# Economics of Life



## Roxane (Feb 26, 2008)

The dynamic love life

With every end comes a certain relief. Depending on the intensity of the relationship a proportionate amount of sorrow, regret and in some-cases disbelief can be added.

The relief is due to all the things that can now be swept clear off the personal “to do” list. With every relationship comes a certain amount of work and sacrifice, when that is erased an empty space of free time is restored. Subsequently one is finally able to attend to all those tasks that one was forced to subsidize during the relationship. That is the mentioned relief. We are relieved of looking, smelling and feeling well everyday. 

Typically we now start looking our selves, looking for new alternatives that look, smell and feel well. We look for a substitute option to fill the empty space in time. The possible bliss of relief subsides and is quickly forgotten and as days become tomorrows yesterdays the personal demand for someone new increases.

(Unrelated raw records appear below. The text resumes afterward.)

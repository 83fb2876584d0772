-- ===== src/Peakgo/Timer.antt =====
-- `TickTimer` of server/peakgo/timer/timer.go, with Go's int as a wrapped 64-bit integer.
pub mod Period
mod Tests
use minnsun_s_adventure.Common.{ℕ, suc, Bool, true, false, if◌then◌else◌}
use minnsun_s_adventure.Common.Int.{ℤ, pos, ◌+ℤ◌, ◌-ℤ◌, ltb_ℤ, leb_ℤ, int64}

pub record TickTimer : Type 0 where
  pub cur : ℤ
  pub cooldown : ℤ

-- `if cooldown < 1 { cooldown = 1 }`
abbrev pub at_least_one : ℤ → ℤ
at_least_one cooldown = if ltb_ℤ cooldown (pos 1) then pos 1 else cooldown

-- `NewTickTimer`
unfoldable pub new_tick_timer : ℤ → TickTimer
new_tick_timer cooldown = record { cur = pos 0; cooldown = at_least_one cooldown }

-- `Advance`
unfoldable pub advance : TickTimer → TickTimer
unfolding int64 ◌+ℤ◌
advance t = record t { cur = int64 (t.cur +ℤ pos 1) }

-- `Ready`
unfoldable pub ready : TickTimer → Bool
ready t = leb_ℤ t.cooldown t.cur

-- `AdvanceAndCheck`
unfoldable pub advance_and_check : TickTimer → TickTimer × Bool
unfolding advance ready
advance_and_check t = let t' = advance t in (t', ready t')

-- `Tick`
unfoldable pub tick : TickTimer → TickTimer × Bool
unfolding advance
tick t =
    let t' = advance t in
    if ltb_ℤ t'.cur t'.cooldown then (t', false) else (record t' { cur = pos 0 }, true)

-- `Reset`
unfoldable pub reset : TickTimer → TickTimer
reset t = record t { cur = pos 0 }

-- `SetCooldown`
unfoldable pub set_cooldown : ℤ → TickTimer → TickTimer
set_cooldown cooldown t = record t { cooldown = at_least_one cooldown }

-- `Remaining`
unfoldable pub remaining : TickTimer → ℤ
unfolding ◌-ℤ◌ int64
remaining t = let r = int64 (t.cooldown -ℤ t.cur) in if leb_ℤ r (pos 0) then pos 0 else r
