-- ===== src/Ecs/Components.antt =====
-- The component records of server/ecs/ecs.go. Names are texts. A connection, a threat table and the
-- path fields of an AI component are handles that the model does not look into.
use Prim.Native.String.{String}
use minnsun_s_adventure.Common.{ℕ, Bool, true, false, List, none, some}
use minnsun_s_adventure.Common.Int.{ℤ, pos}
use minnsun_s_adventure.Common.Table.{Table}
use minnsun_s_adventure.Ecs.Entity.{Entity}
use minnsun_s_adventure.Peakgo.Timer.{TickTimer}

pub data EntityType : Type 0 where
  entity_any entity_player entity_monster entity_ground_item : EntityType

abbrev pub is_player : EntityType → Bool
is_player entity_player = true
is_player _ = false

abbrev pub is_monster : EntityType → Bool
is_monster entity_monster = true
is_monster _ = false

-- `WireType`: what is not a player, a monster or a ground item goes out as a player.
pub wire_type : EntityType → ℕ
wire_type entity_player = 0
wire_type entity_monster = 1
wire_type entity_ground_item = 2
wire_type entity_any = 0

pub record PositionComponent : Type 0 where
  pub map_id : ℤ
  pub x : ℤ
  pub z : ℤ

-- The connection and its writer, by their addresses; 0 is nil.
pub record ConnectionComponent : Type 0 where
  pub conn : ℕ
  pub validator : ℕ
  pub writer : ℕ

pub record MetadataComponent : Type 0 where
  pub name : String
  pub type : EntityType

pub record StatsComponent : Type 0 where
  pub level : ℤ
  pub xp : ℕ
  pub hp : ℤ
  pub max_hp : ℤ
  pub mp : ℤ
  pub max_mp : ℤ
  pub dam : ℤ
  pub attack : ℤ
  pub magic_attack : ℤ
  pub defense : ℤ
  pub magic_defense : ℤ
  pub hit_rate : ℤ
  pub dodge_rate : ℤ
  pub crit_rate : ℤ
  pub crit_damage : ℤ

pub record ItemTemplateComponent : Type 0 where
  pub template_id : ℕ

pub data AiState : Type 0 where
  idle roaming chasing attacking returning transferring : AiState

pub record AiComponent : Type 0 where
  pub state : AiState
  pub target_id : Entity
  pub spawn_x : ℤ
  pub spawn_z : ℤ
  pub spawn_radius : ℤ
  pub leash_radius : ℤ
  pub melee_range : ℤ
  pub attack_timer : TickTimer
  pub idle_timer : TickTimer
  pub path_timer : TickTimer
  pub roam_target_x : ℤ
  pub roam_target_z : ℤ

-- `map[uint64]int`; a missing item reads as 0.
abbrev pub Items : Type 0
Items = Table ℤ

abbrev pub quantity : ℕ → Items → ℤ
quantity item items = elim (items item) [ none ↦ pos 0 | some n ↦ n ]

-- A nil map is read as an empty one, and `Clone` makes it one.
pub record InventoryComponent : Type 0 where
  pub items : Items

pub record LifetimeComponent : Type 0 where
  pub spawned_tick : ℕ
  pub duration : ℕ

pub data EffectKind : Type 0 where
  poison burn haste_buff : EffectKind
  other_effect : String → EffectKind

pub record ActiveEffect : Type 0 where
  pub kind : EffectKind
  pub value : ℤ
  pub duration_ticks : ℤ
  pub dot_tick_accum : ℤ

pub record EffectsComponent : Type 0 where
  pub active_list : List ActiveEffect

pub record EquipmentComponent : Type 0 where
  pub weapon_id : ℕ
  pub armor_id : ℕ

pub record PartyComponent : Type 0 where
  pub leader_id : Entity
  pub team_name : String
  pub member_ids : List Entity

pub record PartyMemberComponent : Type 0 where
  pub party_id : Entity

-- The zero values, which a failed `Get` returns.
abbrev pub zero_stats : StatsComponent
zero_stats = record {
  level = pos 0;
  xp = 0;
  hp = pos 0;
  max_hp = pos 0;
  mp = pos 0;
  max_mp = pos 0;
  dam = pos 0;
  attack = pos 0;
  magic_attack = pos 0;
  defense = pos 0;
  magic_defense = pos 0;
  hit_rate = pos 0;
  dodge_rate = pos 0;
  crit_rate = pos 0;
  crit_damage = pos 0;
}

abbrev pub zero_connection : ConnectionComponent
zero_connection = record { conn = 0; validator = 0; writer = 0 }

abbrev pub zero_timer : TickTimer
zero_timer = record { cur = pos 0; cooldown = pos 0 }

abbrev pub zero_ai : AiComponent
zero_ai = record {
  state = idle;
  target_id = 0;
  spawn_x = pos 0;
  spawn_z = pos 0;
  spawn_radius = pos 0;
  leash_radius = pos 0;
  melee_range = pos 0;
  attack_timer = zero_timer;
  idle_timer = zero_timer;
  path_timer = zero_timer;
  roam_target_x = pos 0;
  roam_target_z = pos 0;
}

abbrev pub zero_metadata : MetadataComponent
zero_metadata = record { name = ""; type = entity_any }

We forget that a relationship means we have to give, until it takes from us. I ask you, reader, I ask you why? What is the reason that we are never so discouraged as to stop looking for that exceptional relationship where we will give, without it taking from us? And how can we not, as a side-glance confirms relationships with the elimination of relief is positively possible? -The endless relationship with mutual gain. -The economic win-win situation, could it be a nominal statement?


----------



## JohnN (Feb 27, 2008)

Enjoyable read, I liked it, short and sweet. Your use of language was also well chosen. Sufficiently emmotive. To answer your question...



> What is the reason that we are never so discouraged as to stop looking for that exceptional relationship where we will give, without it taking from us?



Human needs. Check out Maslow's Triangle of Hierarchical needs. We start at the bottom and work our way up.

Image:Maslow& - Wikipedia, the free encyclopedia


----------



## Roxane (Feb 27, 2008)

Thanks! yep that does answer the question


----------



## Zensati (Feb 27, 2008)

Relationships are about giving and receiving. We desire relationships because of our sexual drives.


----------